___ Supplied information ___
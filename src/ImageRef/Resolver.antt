-- ===== src/ImageRef/Resolver.antt =====
-- pkg/imageref/resolver.go: the digest of an image, as its registry gives it.
use aqua_scan_gate.Common.{
  Text, codes, List, [], ◌∷◌, ◌++◌, Bool, false, ◌&&◌, Option, none, some, Result, ok, err, ◌==◌,
  if◌then◌else◌,
}
use aqua_scan_gate.ImageRef.{ImageRef, Reference}

pub record Platform : Type 0 where
  pub architecture : Text
  pub os : Text

-- One entry of an index manifest; `none` is a nil platform.
pub record Manifest : Type 0 where
  pub platform : Option Platform
  pub digest : Text

-- `remote.Index` with `IndexManifest`, and `remote.Image` with `Digest`: each call may fail, and so may
-- the reading of what it answers.
pub record Remote (W : Type 0) : Type 0 where
  pub index : Reference → W → Result Text (Result Text (List Manifest)) × W
  pub image : Reference → W → Result Text (Result Text Text) × W

-- the platform of `NewResolver`
abbrev pub default_platform : Platform
default_platform = record { architecture = codes "amd64"; os = codes "linux" }

unfoldable pub is_for : Platform → Option Platform → Bool
unfolding ◌==◌
is_for target none = false
is_for target (some p) = p.os == target.os && p.architecture == target.architecture

-- the loop of `resolveFromIndex`
unfoldable pub find_manifest : Platform → List Manifest → Result Text Text
unfolding is_for
find_manifest target [] =
    err
      (codes "no manifest found for platform " ++ (target.os ++ (codes "/" ++ target.architecture)))
find_manifest target (m ∷ ms) =
    if is_for target m.platform then ok m.digest else find_manifest target ms

unfoldable pub resolve_from_index : Platform → Result Text (List Manifest) → Result Text Text
unfolding find_manifest
resolve_from_index target (err e) = err (codes "getting index manifest: " ++ e)
resolve_from_index target (ok ms) = find_manifest target ms

-- `fetchIndex`, from the answer of remote.Index on
unfoldable pub digest_of_index :
    Platform → Result Text (Result Text (List Manifest)) → Result Text Text
unfolding resolve_from_index
digest_of_index target (err e) = err e
digest_of_index target (ok idx) = elim (resolve_from_index target idx) [
  | err e ↦ err (codes "resolving from index: " ++ e)
  | ok digest ↦ ok digest
]

-- `fetchImage`, from the answer of remote.Image on
unfoldable pub digest_of_image : Result Text (Result Text Text) → Result Text Text
digest_of_image (err e) = err (codes "fetching image: " ++ e)
digest_of_image (ok (err e)) = err (codes "getting digest: " ++ e)
digest_of_image (ok (ok digest)) = ok digest

module _ {W : Type 0} (parse : Text → Result Text Reference) (remote : Remote W)
    (target : Platform) where
  -- a single image, after an index was not to be had
  unfoldable pub after_index : Reference → Result Text Text → W → Result Text Text × W
  unfolding digest_of_image
  after_index ref (ok digest) w = (ok digest, w)
  after_index ref (err e) w = let i = remote.image ref w in (digest_of_image i.0, i.1)

  -- by the kind of reference
  unfoldable pub resolve_reference : Reference → W → Result Text Text × W
  unfolding after_index digest_of_index
  resolve_reference (Reference.digest registry repository digest) w = (ok digest, w)
  resolve_reference (Reference.tag registry repository name) w =
      let i = remote.index (Reference.tag registry repository name) w in
      after_index (Reference.tag registry repository name) (digest_of_index target i.0) i.1

  unfoldable pub resolve_digest : Text → W → Result Text Text × W
  unfolding resolve_reference
  resolve_digest image w = elim (parse image) [
    | err e ↦ (err (codes "parsing image reference: " ++ e), w)
    | ok ref ↦ resolve_reference ref w
  ]

  unfoldable pub with_digest : ImageRef → Result Text Text → Result Text ImageRef
  with_digest img (ok digest) = ok (record { image = img.image; digest = digest })
  with_digest img (err e) = err e

  unfoldable pub resolve_image_ref : ImageRef → W → Result Text ImageRef × W
  unfolding resolve_digest with_digest ◌==◌
  resolve_image_ref img w =
      let r = resolve_digest img.image w in
      if img.digest == [] then (with_digest img r.0, r.1) else (ok img, w)
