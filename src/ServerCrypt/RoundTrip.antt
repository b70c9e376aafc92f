-- ===== src/ServerCrypt/RoundTrip.antt =====
-- srv/Crypt.cpp: `decipher` gives back the message of `encipher`.
use vjft.Prelude.{◌*◌, ℕ, ◌+◌, ◌%◌, ◌<◌, ◌≤◌, ◌≡◌, refl, ap, ◌∙◌, List, []}
use vjft.Prelude.{◌++◌, some, ok, ◌>>=◌, length, drop, join, map, replicate, arith, true}
use vjft.Prelude.{length-append}
use vjft.Crypt.{OpenSsl, chunk_size, hash_size, sig_size}
use vjft.Crypt.Envelope.{or_exit, rnd_arr}
use vjft.Crypt.Parse.{length-rnd_arr}
use vjft.Crypt.Working.{IsDigest, IsSigner}
use vjft.Crypt.RoundTrip.{same_bytes_refl}
use vjft.ServerCrypt.{resize, len_bytes, cast_uint16, form_envelope, split_vec}
use vjft.ServerCrypt.{extract_chunks, calc_crc, sign, decrypt_all}
use vjft.ServerCrypt.{
  accept, join_chunks, verify_signature, verify_checksum, check_envelope, encipher, decipher,
}
use vjft.ServerCrypt.Splitting.{split_vec-chunks, grown_chunks, length-join_chunks}
use vjft.ServerCrypt.Working.{IsRsa, SignsWhole, sign-IsSigner, calc_crc-IsDigest}
use vjft.ServerCrypt.Reading.{
  extract_parts-form_envelope, decrypt_all-encrypt_all, number_at-len_bytes,
}

length-form_envelope :
    (rand : ℕ → ℕ) (msg crc sign : List ℕ)
    → length crc ≡ hash_size
    → length sign ≡ sig_size
    → length (form_envelope rand msg crc sign) ≡ 547 + rand 0 % 256 + length msg
unfolding form_envelope len_bytes
length-form_envelope rand msg crc sign crc_size sign_size = omega (
  arith,
  length-append (rnd_arr rand 1 (rand 0 % 256))
      (len_bytes (cast_uint16 (length msg)) ++ (crc ++ (sign ++ msg))),
  length-rnd_arr rand 1 (rand 0 % 256),
  length-append crc (sign ++ msg),
  length-append sign msg,
)

module _ {Key : Type 0} (ssl : OpenSsl Key) where
  check_envelope-form_envelope :
      (public_key : Key) (rand : ℕ → ℕ) (msg s zeros : List ℕ)
      → length msg < 65536
      → length (calc_crc ssl msg) ≡ hash_size
      → length s ≡ sig_size
      → verify_signature ssl msg s public_key ≡ true
      → check_envelope ssl public_key (form_envelope rand msg (calc_crc ssl msg) s ++ zeros)
        ≡ ok msg
  unfolding check_envelope accept verify_checksum
  check_envelope-form_envelope public_key rand msg s zeros small crc_size sign_size verified =
      rw
        (
          extract_parts-form_envelope rand msg (calc_crc ssl msg) s zeros small crc_size sign_size,
          ◌>>=◌,
          verified,
          same_bytes_refl (calc_crc ssl msg),
        )
        refl

  decipher_chunks :
      (private_key public_key : Key) (encs chunks : List (List ℕ)) (msg : List ℕ)
      → length encs < 65536
      → extract_chunks (length encs) (join encs) ≡ ok encs
      → decrypt_all ssl private_key encs ≡ some chunks
      → check_envelope ssl public_key (join chunks) ≡ ok msg
      → decipher ssl private_key public_key (len_bytes (length encs) ++ join encs) ≡ ok msg
  unfolding decipher join_chunks
  decipher_chunks private_key public_key encs chunks msg small extracted decrypted checked =
      let behind : drop 2 (len_bytes (length encs) ++ join encs) ≡ join encs =
        unfold len_bytes in refl in
      rw
        (
          decipher,
          number_at-len_bytes [] (length encs) (join encs) small,
          ◌>>=◌,
          behind,
          extracted,
          ◌>>=◌,
          decrypted,
        )
        checked

  module _ (alice_private alice_public bob_private bob_public : Key) (digest : IsDigest ssl)
      (signer : IsSigner ssl alice_private alice_public) (whole : SignsWhole ssl alice_private)
      (rsa : IsRsa ssl bob_private bob_public) where
    -- The pack of a message, with its size.
    pub encipher-sized :
        (rand : ℕ → ℕ) (msg : List ℕ)
        → length msg < 65536
        → (pack : List ℕ) × (count : ℕ) × (encipher ssl rand alice_private bob_public msg ≡ ok pack)
          × (decipher ssl bob_private alice_public pack ≡ ok msg)
          × (length pack ≡ 2 + count * 512)
          × (547 + length msg ≤ count * 255)
          × (count * 255 ≤ 1056 + length msg)
    unfolding encipher decipher split_vec len_bytes
    encipher-sized rand msg small =
        let (s, signed, sign_size, verified) =
          sign-IsSigner ssl alice_private alice_public msg digest signer whole in
        let crc = calc_crc ssl msg in
        let crc_size = calc_crc-IsDigest ssl msg digest in
        let env = form_envelope rand msg crc s in
        let env_size = length-form_envelope rand msg crc s crc_size sign_size in
        let (joined, sizes, few) = split_vec-chunks env 254 in
        let chunks = split_vec env chunk_size in
        let (encs, encrypted, count, bytes, extracted, decrypted) =
          decrypt_all-encrypt_all ssl bob_private bob_public rsa chunks sizes in
        let held : length env ≤ length chunks * 255 =
          rw joined at (length-join_chunks 255 chunks sizes) in
        let (pad, grown) = grown_chunks (length env) env 254 0 (omega arith) in
        let narrow : cast_uint16 (length encs) ≡ length encs = omega arith in
        let extracted' : extract_chunks (length encs) (join encs) ≡ ok encs =
          ap (λ k. extract_chunks k (join encs)) count ∙ extracted in
        (
          len_bytes (length encs) ++ join encs,
          length chunks,
          rw (signed, or_exit, ◌>>=◌, encrypted, ◌>>=◌)
              (ap (λ k. ok (len_bytes k ++ join encs)) narrow),
          decipher_chunks bob_private alice_public encs (map (resize chunk_size) chunks) msg
              (omega arith) extracted' decrypted
              (ap (check_envelope ssl alice_public) grown
                ∙ check_envelope-form_envelope alice_public rand msg s (replicate pad 0) small
                    crc_size sign_size verified),
          omega (arith, bytes),
          omega (arith, held),
          omega arith,
        )

    -- Where OpenSSL works, the C++ encipher makes a pack of each message of less than 65536 bytes,
    -- and Bob's private key and Alice's public key decipher it to the message, however many random
    -- bytes there are, none included, and whether or not the envelope fills its chunks.
    pub server_decipher-encipher :
        (rand : ℕ → ℕ) (msg : List ℕ)
        → length msg < 65536
        → (pack : List ℕ) × (encipher ssl rand alice_private bob_public msg ≡ ok pack)
          × (decipher ssl bob_private alice_public pack ≡ ok msg)
    server_decipher-encipher rand msg small =
        let (pack, count, sealed, opened, size, enough, few) = encipher-sized rand msg small in
        (pack, sealed, opened)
___
— What is needed —
Read through the entries and copy every line that includes "sized".

— Answer —
    pub encipher-sized :
    encipher-sized rand msg small =
        let (pack, count, sealed, opened, size, enough, few) = encipher-sized rand msg small in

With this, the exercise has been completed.